In 2016, he decided to change this, he said, and so in 2017, he visited Russia for the first time. Previous to that, he went to China to announce his decision to “separate militarily and economically from the US” and “join China and Russia against the world.”

This reading of Philippine foreign policy is monumentally flawed. At the height of the Cold War, the Philippines, as a staunch US ally, took the first step to establish diplomatic relations with the Soviet Union, a year after establishing similar ties with the People’s Republic of China. I was part of the Cabinet entourage that accompanied President Marcos on both occasions: In 1975, we went to China; in 1976, we went to the Soviet Union. The Philippines sprinted ahead of many other countries in establishing relations with the socialist bloc.

Founded by Lenin in 1922 after the 1917 Russian revolution, the Soviet Union collapsed in 1991, after Mikhail Gorbachev’s glasnost and perestroika initiatives opened up Soviet society and gave more personal freedoms to Soviet citizens. The Soviet Union morphed into 15 independent republics——Russia, Armenia, Moldova, Estonia, Latvia, Lithuania, Georgia, Azerbaijan, Tajikistan, Kyrgyzstan, Belarus, Uzbekistan, Turkmenistan, Ukraine and Kazakhstan.

Although Russia remained the biggest country in the world, with a military power possibly next only to that of the US, it had to deal with a severe economic crisis, characterized by high death rates, low birth rates, the collapse of social services, and deepening mass poverty from 1.5 percent to as high as 49 percent. There was hardly anything there to encourage a longtime American Pacific ally to make Russia the object of its diplomatic initiatives.

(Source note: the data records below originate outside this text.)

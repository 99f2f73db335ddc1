-- ===== src/Memory/Pmm/Handed.antt =====
-- Which memory the pages lie in that `pmm_alloc_page` (`src/memory/pmm.c`) hands out.
use reddyos_osdev.Base.{
  ℕ, ◌^◌, ◌<◌, ◌≡◌, inl, inr, refl, sym, subst, List, [], ◌∷◌, take, arith, All, All-take, All-drop,
}
use reddyos_osdev.Base.Outcome.{done}
use reddyos_osdev.Memory.Store.{phys_to_virt, virt_to_phys, virt_to_phys-phys_to_virt}
use reddyos_osdev.Memory.Pmm.{Entry, Pmm, alloc_page}
use reddyos_osdev.Memory.Pmm.FreeList.{onto}
use reddyos_osdev.Memory.Pmm.Regions.{pages_left, pages_from, AllFit}
use reddyos_osdev.Memory.Pmm.Usable.{InUsable, IsGoodPage, pages_from-IsGoodPage}
use reddyos_osdev.Memory.Pmm.Owned.{onto-nil}
use reddyos_osdev.Memory.Pmm.Alloc.{
  IsValid, alloc_page_listed, alloc_page_refill, alloc_page_exhausted,
}

-- A page in memory that ends below the top of the address space has an address of 64 bits.
InUsable-lt : (es : List Entry) (p : ℕ) → AllFit es → InUsable es p → p < 2 ^ 64
InUsable-lt [] p f h = absurd h
InUsable-lt (e ∷ es) p f (inl h) = omega (arith, f.0, h.2)
InUsable-lt (e ∷ es) p f (inr h) = InUsable-lt es p f.1 h

module _ (hhdm : ℕ) (entries : List Entry) where
  abbrev IsGoodNode : ℕ → Type 0
  IsGoodNode x = IsGoodPage entries (virt_to_phys hhdm x)

  -- The pages of the list, and those that the map still has for it.
  abbrev AllGood : Pmm → List ℕ → Type 0
  AllGood s xs = All IsGoodNode xs × All (IsGoodPage entries) (pages_left entries s)

  onto-IsGoodNode :
      (ps xs : List ℕ)
      → AllFit entries
      → hhdm < 2 ^ 64
      → All (IsGoodPage entries) ps
      → All IsGoodNode xs
      → All IsGoodNode (onto hhdm ps xs)
  onto-IsGoodNode [] xs f h g q = q
  onto-IsGoodNode (p ∷ ps) xs f h g q =
      let back = virt_to_phys-phys_to_virt hhdm p h (InUsable-lt entries p f g.0.2) in
      onto-IsGoodNode ps (phys_to_virt hhdm p ∷ xs) f h g.1
        (subst (IsGoodPage entries) (sym back) g.0, q)

  -- The states and the page of a call that gives one.
  abbrev Gives : Pmm → ℕ → Pmm → Type 0
  Gives s p s' = alloc_page hhdm entries s ≡ done (p, s')

  abbrev GoodAfter : ℕ → Pmm → Type 0
  GoodAfter p s' =
      IsGoodPage entries p × (xs' : List ℕ) × IsValid hhdm entries s' xs' × AllGood s' xs'

  -- The result that a proof knows for a call is the one that it gave.
  same_call :
      (s s1 s' : Pmm) (p q : ℕ) → Gives s q s1 → Gives s p s' → GoodAfter q s1 → GoodAfter p s'
  same_call s s1 s' p q known run g =
      let page : q ≡ p = cc (known, run) in
      let state : s1 ≡ s' = cc (known, run) in
      subst (λ r. GoodAfter r s') page (subst (λ t. GoodAfter q t) state g)

  alloc_page-IsGoodPage :
      (s s' : Pmm) (xs : List ℕ) (p : ℕ)
      → AllFit entries
      → hhdm < 2 ^ 64
      → IsValid hhdm entries s xs
      → AllGood s xs
      → Gives s p s'
      → GoodAfter p s'
  alloc_page-IsGoodPage s s' (y ∷ zs) p f h v g run =
      let (s1, known, t) = alloc_page_listed hhdm entries s y zs v in
      same_call s s1 s' p (virt_to_phys hhdm y) known run
        (g.0.0, zs, t.valid, (g.0.1, subst (All (IsGoodPage entries)) (sym t.left) g.1))
  alloc_page-IsGoodPage s s' [] p f h v g run = split _ refl
    where
      split : (ys : List ℕ) → onto hhdm (take 512 (pages_left entries s)) [] ≡ ys → GoodAfter p s'
      split [] e =
          let stuck =
            alloc_page_exhausted hhdm entries s f v (onto-nil hhdm 511 (pages_left entries s) e) in
          cc (stuck, run)
      split (y ∷ zs) e =
          let (s1, known, valid, left, _, _) = alloc_page_refill hhdm entries s y zs f v e in
          let ps = pages_left entries s in
          let nodes =
            subst (All IsGoodNode) e (
              onto-IsGoodNode (take 512 ps) [] f h (All-take (IsGoodPage entries) 512 ps g.1) tt) in
          same_call s s1 s' p (virt_to_phys hhdm y) known run (
            nodes.0,
            zs,
            valid,
            (
              nodes.1,
              subst (All (IsGoodPage entries)) (sym left)
                  (All-drop (IsGoodPage entries) 512 ps g.1),
            ),
          )

  -- Calls of `pmm_alloc_page` one after the other, with the pages that they give.
  pub data Gave : Pmm → List ℕ → Pmm → Type 0 where
    stop : {s : Pmm} → Gave s [] s
    again :
        {s s1 s2 : Pmm} {p : ℕ} {ps : List ℕ}
        → alloc_page hhdm entries s ≡ done (p, s1)
        → Gave s1 ps s2
        → Gave s (p ∷ ps) s2

  all_good :
      (s s2 : Pmm) (xs ps : List ℕ)
      → AllFit entries
      → hhdm < 2 ^ 64
      → IsValid hhdm entries s xs
      → AllGood s xs
      → Gave s ps s2
      → All (IsGoodPage entries) ps
  all_good s s2 xs [] f h v g run = tt
  all_good s s2 xs (p ∷ ps) f h v g (again {s1 = s1} call rest) =
      let (good, xs', v', g') = alloc_page-IsGoodPage s s1 xs p f h v g call in
      (good, all_good s1 s2 xs' ps f h v' g' rest)

  -- Every page that calls of `pmm_alloc_page` in a row give, from a valid allocator with an empty list
  -- that has yet to read its memory map, is page-aligned, lies at or above 1 MiB, and lies wholly inside
  -- one usable entry, for entries that end below the top of the address space.
  pub alloc_page_usable :
      (s s2 : Pmm) (ps : List ℕ)
      → AllFit entries
      → hhdm < 2 ^ 64
      → IsValid hhdm entries s []
      → s.fill_entry ≡ 0
      → s.fill_offset ≡ 0
      → Gave s ps s2
      → All (IsGoodPage entries) ps
  alloc_page_usable s s2 ps f h v entry offset run =
      let whole : pages_left entries s ≡ pages_from entries 0 = rw (entry, offset) refl in
      all_good s s2 [] ps f h v
        (tt, subst (All (IsGoodPage entries)) (sym whole) (pages_from-IsGoodPage entries f)) run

In 1991, the 1947 Philippine-US military bases agreement came to an end. The dismantling of military structures was hastened by the massive Mount Pinatubo eruption, the second largest volcanic eruption of the 20th century, which covered most of Central Luzon and large areas around the world with volcanic ash.

The US military pullout was the most dramatic change in Philippine foreign policy in a hundred years. It is absurd to suggest that until DU30 emerged from Davao, Philippine foreign policy had not evolved. Indeed, DU30 has introduced dramatic foreign policy changes since 2016, but these changes arose more from his sheer exercise of imperial power and did not always result in protecting the national interest. One of DU30’s weakest spots is foreign affairs.

Foreign policy remains foreign to his government. Apart from DU30’s poor performance at the forum, the clearest proof is the unexplained absence of his foreign secretary at his side despite the presence of so many supernumeraries. Some have suggested that Foreign Secretary Teodoro Locsin Jr. was being punished for offending DU30’s first great ally, Chinese President Xi Jinping, by insensitively calling Mao Zedong in a tweet, “Mao Che Tutung”( Filipino for “burnt rice”)

Whether this is true or not has to be asked, (even in parenthesis), because in DU30’s meeting with expatriate Filipinos, there was no mention of Locsin when he introduced the Cabinet members traveling with him. And he introduced Executive Secretary Salvador Medialdea, who sat next to his left, as “the boss of all the other Cabinet members.” This was a completely unnecessary mistake. DU30 deserves to have a basic accurate knowledge of his own government.

The Executive Secretary is a staff officer in the Office of the President; he does not have a line function, a Cabinet “portfolio,” or a department under him. In the order of precedence, the Cabinet member in charge of foreign affairs occupies the highest precedence. This is because of the primacy of foreign relations—-without the diplomatic recognition accorded by other states, no state can stand as a sovereign and independent state.

Within the Cabinet, therefore, the Foreign Secretary is the first among equals—-“primus inter pares.” The Executive Secretary, call him “Little President” if you like, is just the President’s chief clerk.